Sometimes we spend more than $400 month on gas and grocery. And we are a two people, maybe a small family soon. 
And there are times when our monthly statement is more than $1250..
ah well. I guess we might look at getting the Capital One Aspire Card. 

The bonus about Capital One card is that you you don't have to wait until you reach $50 to receive a cheque.


----------



## FrugalTrader (Oct 13, 2008)

I just spoke with an MBNA rep and they told me that existing card holders will retain the benefits that they signed up for. Anyone else get feedback from MBNA reps?


----------



## Echo (Apr 1, 2011)

@FT - the quote in my previous post was from Cathy Velazquez, Media Relations from MBNA Canada. All existing cardholders will get a letter in the next few days stating the changes, which will take effect December 1st.
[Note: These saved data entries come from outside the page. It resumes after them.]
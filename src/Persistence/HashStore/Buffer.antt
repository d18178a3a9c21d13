-- ===== src/Persistence/HashStore/Buffer.antt =====
-- What the in-memory buffer of hash_store.go holds for a cluster and a key after each operation.
use k8s_deploy_monitor_opera.Prelude.{
  Option, none, some, List, [], ◌∷◌, GoString, Map, lookup, insert, remove, has_key, ◌==◌, eq_iff,
  if◌then◌else◌, ◌≡◌, refl, arith, lookup-insert, lookup-remove, HasUniqueKeys, ◌&&◌,
}
use k8s_deploy_monitor_opera.Persistence.HashStore.{
  Pending, Update, pending_for, buffer_hash, apply_updates, requeue, buffer_all,
}

-- the pending value of a key
unfoldable pub pending_at : GoString → GoString → Pending → Option GoString
pending_at cluster key p = lookup key (pending_for cluster p)

pub pending_at-buffer_hash :
    (cluster key hash c k : GoString) (p : Pending)
    → pending_at c k (buffer_hash cluster key hash p)
      ≡ (if (cluster == c) && (key == k) then some hash else pending_at c k p)
unfolding pending_at pending_for buffer_hash
pending_at-buffer_hash cluster key hash c k p = ground (
  arith,
  lookup-insert cluster c (insert key hash (pending_for cluster p)) p,
  lookup-insert key k hash (pending_for cluster p),
  eq_iff cluster c,
  eq_iff key k,
)

-- the first value, if there is one, and else the second
abbrev pub or_else {ℓ} : {A : Type ℓ} → Option A → Option A → Option A
or_else (some a) o = some a
or_else none o = o

-- The last update of a key in a list, found from its head on.
unfoldable pub latest : GoString → GoString → List Update → Option GoString
latest c k [] = none
latest c k ((cluster, key, hash) ∷ updates) =
    or_else (latest c k updates) (if (cluster == c) && (key == k) then some hash else none)

pub pending_at-buffer_all :
    (updates : List Update) (c k : GoString) (p : Pending)
    → pending_at c k (buffer_all updates p) ≡ or_else (latest c k updates) (pending_at c k p)
unfolding buffer_all latest
pending_at-buffer_all [] c k p = refl
pending_at-buffer_all ((cluster, key, hash) ∷ updates) c k p = ground (
  arith,
  pending_at-buffer_all updates c k (buffer_hash cluster key hash p),
  pending_at-buffer_hash cluster key hash c k p,
)

requeue_one :
    (cluster key hash c k : GoString) (p : Pending)
    → pending_at c k
        (if has_key key (pending_for cluster p) then p else buffer_hash cluster key hash p)
      ≡ or_else (pending_at c k p) (if (cluster == c) && (key == k) then some hash else none)
unfolding has_key pending_at
requeue_one cluster key hash c k p =
    ground (arith, pending_at-buffer_hash cluster key hash c k p, eq_iff cluster c, eq_iff key k)

-- Re-queueing keeps every newer value and restores the rest.
pub pending_at-requeue :
    (cluster : GoString) (hashes : Map GoString) (c k : GoString) (p : Pending)
    → pending_at c k (requeue cluster hashes p)
      ≡ or_else (pending_at c k p) (if cluster == c then lookup k hashes else none)
unfolding requeue lookup
pending_at-requeue cluster [] c k p = ground arith
pending_at-requeue cluster ((key, hash) ∷ hashes) c k p = ground (
  arith,
  pending_at-requeue cluster hashes c k
      (if has_key key (pending_for cluster p) then p else buffer_hash cluster key hash p),
  requeue_one cluster key hash c k p,
)

-- what a pending value means: the empty hash deletes
abbrev pub decode : GoString → Option GoString
decode hash = if hash == [] then none else some hash

abbrev pub overlay : Option GoString → Option GoString → Option GoString
overlay none base = base
overlay (some hash) base = decode hash

pub lookup-apply_updates :
    (updates hashes : Map GoString) (k : GoString)
    → HasUniqueKeys updates
    → lookup k (apply_updates updates hashes) ≡ overlay (lookup k updates) (lookup k hashes)
unfolding apply_updates lookup
lookup-apply_updates [] hashes k h = refl
lookup-apply_updates ((key, v) ∷ updates) hashes k h = ground (
  arith,
  lookup-apply_updates updates (if v == [] then remove key hashes else insert key v hashes) k,
  lookup-insert key k v hashes,
  lookup-remove key k hashes,
  eq_iff key k,
)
I've got an article going up on Moneyville about this tomorrow.


----------



## Echo (Apr 1, 2011)

Here's my post today on Moneyville - http://www.moneyville.ca/blog/post/1276120--mbna-cuts-rewards-on-popular-smart-cash-card


----------



## Dave (Apr 5, 2009)

FrugalTrader said:


> I just spoke with an MBNA rep and they told me that existing card holders will retain the benefits that they signed up for. Anyone else get feedback from MBNA reps?



Not sure if it is true. Seems that there is a lot of confusion. I have two MBNA smart cash cards, one of them is the new World Card. I have them since over a year. I got a letter about benefit reductions for the World card but not for the other one. Go figure... I will be applying for the Capital One card and I might keep one MBNA card only for gas and gorceries.

D.


----------



## leoc2 (Dec 28, 2010)

I have a world card too. Got the letter last week. Capital One here I come.


----------



## GOB (Feb 15, 2011)

FrugalTrader said:


> I just spoke with an MBNA rep and they told me that existing card holders will retain the benefits that they signed up for. Anyone else get feedback from MBNA reps?
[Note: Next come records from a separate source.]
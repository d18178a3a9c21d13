-- ===== src/Persistence/HashStore/Upsert.antt =====
-- The API behind hash_store.go as it is documented, and what `upsertClusterState` does to the specs
-- that it stores.
use k8s_deploy_monitor_opera.Prelude.{
  Bool, true, false, Option, none, some, [], GoString, Map, lookup, ◌==◌, eq_refl, if◌then◌else◌,
  ◌≡◌, refl, arith, lookup-nil, HasUniqueKeys, ◌&&◌, ◌∙◌,
}
use k8s_deploy_monitor_opera.Persistence.Names.{sanitize_name}
use k8s_deploy_monitor_opera.Persistence.HashStore.{
  ClusterRolloutStateSpec, ClusterRolloutState, GetResult, found, not_found, get_failed, Client,
  apply_updates, finish_upsert, upsert_after,
}
use k8s_deploy_monitor_opera.Persistence.HashStore.Buffer.{overlay, lookup-apply_updates}

-- What the API documents of these calls, for an observer `stored` of the stored specs: a read
-- that succeeds is exact, a write that succeeds stores the spec under the object's name and no
-- other, a write that fails and a status update change no spec.
pub record IsFaithful (c : Client) : Type 0 where
  pub stored : GoString → c.Server → Option ClusterRolloutStateSpec
  pub get_found :
      (name : GoString) (s : c.Server) (o : ClusterRolloutState)
      → c.get name s ≡ found o
      → (stored name s ≡ some o.spec) × (o.name ≡ name)
  pub get_not_found :
      (name : GoString) (s : c.Server) → c.get name s ≡ not_found → stored name s ≡ none
  pub create_stores :
      (name : GoString) (o : ClusterRolloutState) (s : c.Server)
      → stored name (c.create o s).0
        ≡ (if (c.create o s).1 && (o.name == name) then some o.spec else stored name s)
  pub update_stores :
      (name : GoString) (o : ClusterRolloutState) (s : c.Server)
      → stored name (c.update o s).0
        ≡ (if (c.update o s).1 && (o.name == name) then some o.spec else stored name s)
  pub status_keeps :
      (name : GoString) (o : ClusterRolloutState) (s : c.Server)
      → stored name (c.update_status o s).0 ≡ stored name s

abbrev pub hash_in : GoString → Option ClusterRolloutStateSpec → Option GoString
hash_in k none = none
hash_in k (some spec) = lookup k spec.template_hashes

module _ (c : Client) (f : IsFaithful c) where
  open c use {Server, get, create, update, update_status}
  open f use {stored, get_found, get_not_found, create_stores, update_stores, status_keeps}

  -- the hash that the server stores for a deployment of a cluster
  abbrev pub stored_at : GoString → GoString → Server → Option GoString
  stored_at cluster k s = hash_in k (stored (sanitize_name cluster) s)

  finish-stored :
      (name : GoString) (o : ClusterRolloutState) (s : Server) (r : Server × Bool)
      → stored name r.0 ≡ (if r.1 && (o.name == name) then some o.spec else stored name s)
      → stored name (finish_upsert c o r).0
        ≡ (if (finish_upsert c o r).1 && (o.name == name) then some o.spec else stored name s)
  unfolding finish_upsert
  finish-stored name o s (s', true) h = status_keeps name _ s' ∙ h
  finish-stored name o s (s', false) h = h

  module _ (cluster : GoString) (updates : Map GoString) where
    pub upsert_after_self :
        (k : GoString) (s : Server) (r : GetResult)
        → HasUniqueKeys updates
        → get (sanitize_name cluster) s ≡ r
        → stored_at cluster k (upsert_after c cluster updates s r).0 ≡ (
            if (upsert_after c cluster updates s r).1
            then overlay (lookup k updates) (stored_at cluster k s)
            else stored_at cluster k s)
    unfolding upsert_after
    upsert_after_self k s not_found u e =
        let state : ClusterRolloutState = record {
          name = sanitize_name cluster;
          spec = record { cluster_id = cluster; template_hashes = apply_updates updates [] };
          tracked_deployments = 0;
        } in
        ground (
          arith,
          finish-stored (sanitize_name cluster) state s (create state s)
              (create_stores (sanitize_name cluster) state s),
          get_not_found (sanitize_name cluster) s e,
          eq_refl (sanitize_name cluster),
          lookup-apply_updates updates [] k,
          lookup-nil {V = GoString} k,
        )
    upsert_after_self k s get_failed u e = refl
    upsert_after_self k s (found old) u e =
        let state : ClusterRolloutState = record old {
          spec = record (old.spec) {
            template_hashes = apply_updates updates (old.spec.template_hashes);
          };
        } in
        ground (
          arith,
          finish-stored (sanitize_name cluster) state s (update state s)
              (update_stores (sanitize_name cluster) state s),
          get_found (sanitize_name cluster) s old e,
          eq_refl (sanitize_name cluster),
          lookup-apply_updates updates (old.spec.template_hashes) k,
        )

    pub upsert_after_other :
        (name : GoString) (s : Server) (r : GetResult)
        → get (sanitize_name cluster) s ≡ r
        → sanitize_name cluster == name ≡ false
        → stored name (upsert_after c cluster updates s r).0 ≡ stored name s
    unfolding upsert_after
    upsert_after_other name s not_found e other =
        let state : ClusterRolloutState = record {
          name = sanitize_name cluster;
          spec = record { cluster_id = cluster; template_hashes = apply_updates updates [] };
          tracked_deployments = 0;
        } in
        ground (arith, finish-stored name state s (create state s) (create_stores name state s))
    upsert_after_other name s get_failed e other = refl
    upsert_after_other name s (found old) e other =
        let state : ClusterRolloutState = record old {
          spec = record (old.spec) {
            template_hashes = apply_updates updates (old.spec.template_hashes);
          };
        } in
        ground (
          arith,
          finish-stored name state s (update state s) (update_stores name state s),
          get_found (sanitize_name cluster) s old e,
        )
The rep was mistaken. I got my letter last week. 

Anyone considering the Capital One Cash should consider the World version that gives you points you can redeem for travel. You can potentially get a 2% return if you maximize the travel redemption. Not only can you redeem for travel but you can also get cash back at 1.5% if you so choose. There's a 35,000 point bonus at signup that is equivalent to $262.50. Annual fee is $120 but you get a 10,000 point bonus every year so the real fee is $45/year - great for the rewards, flexibility and all the benefits you get.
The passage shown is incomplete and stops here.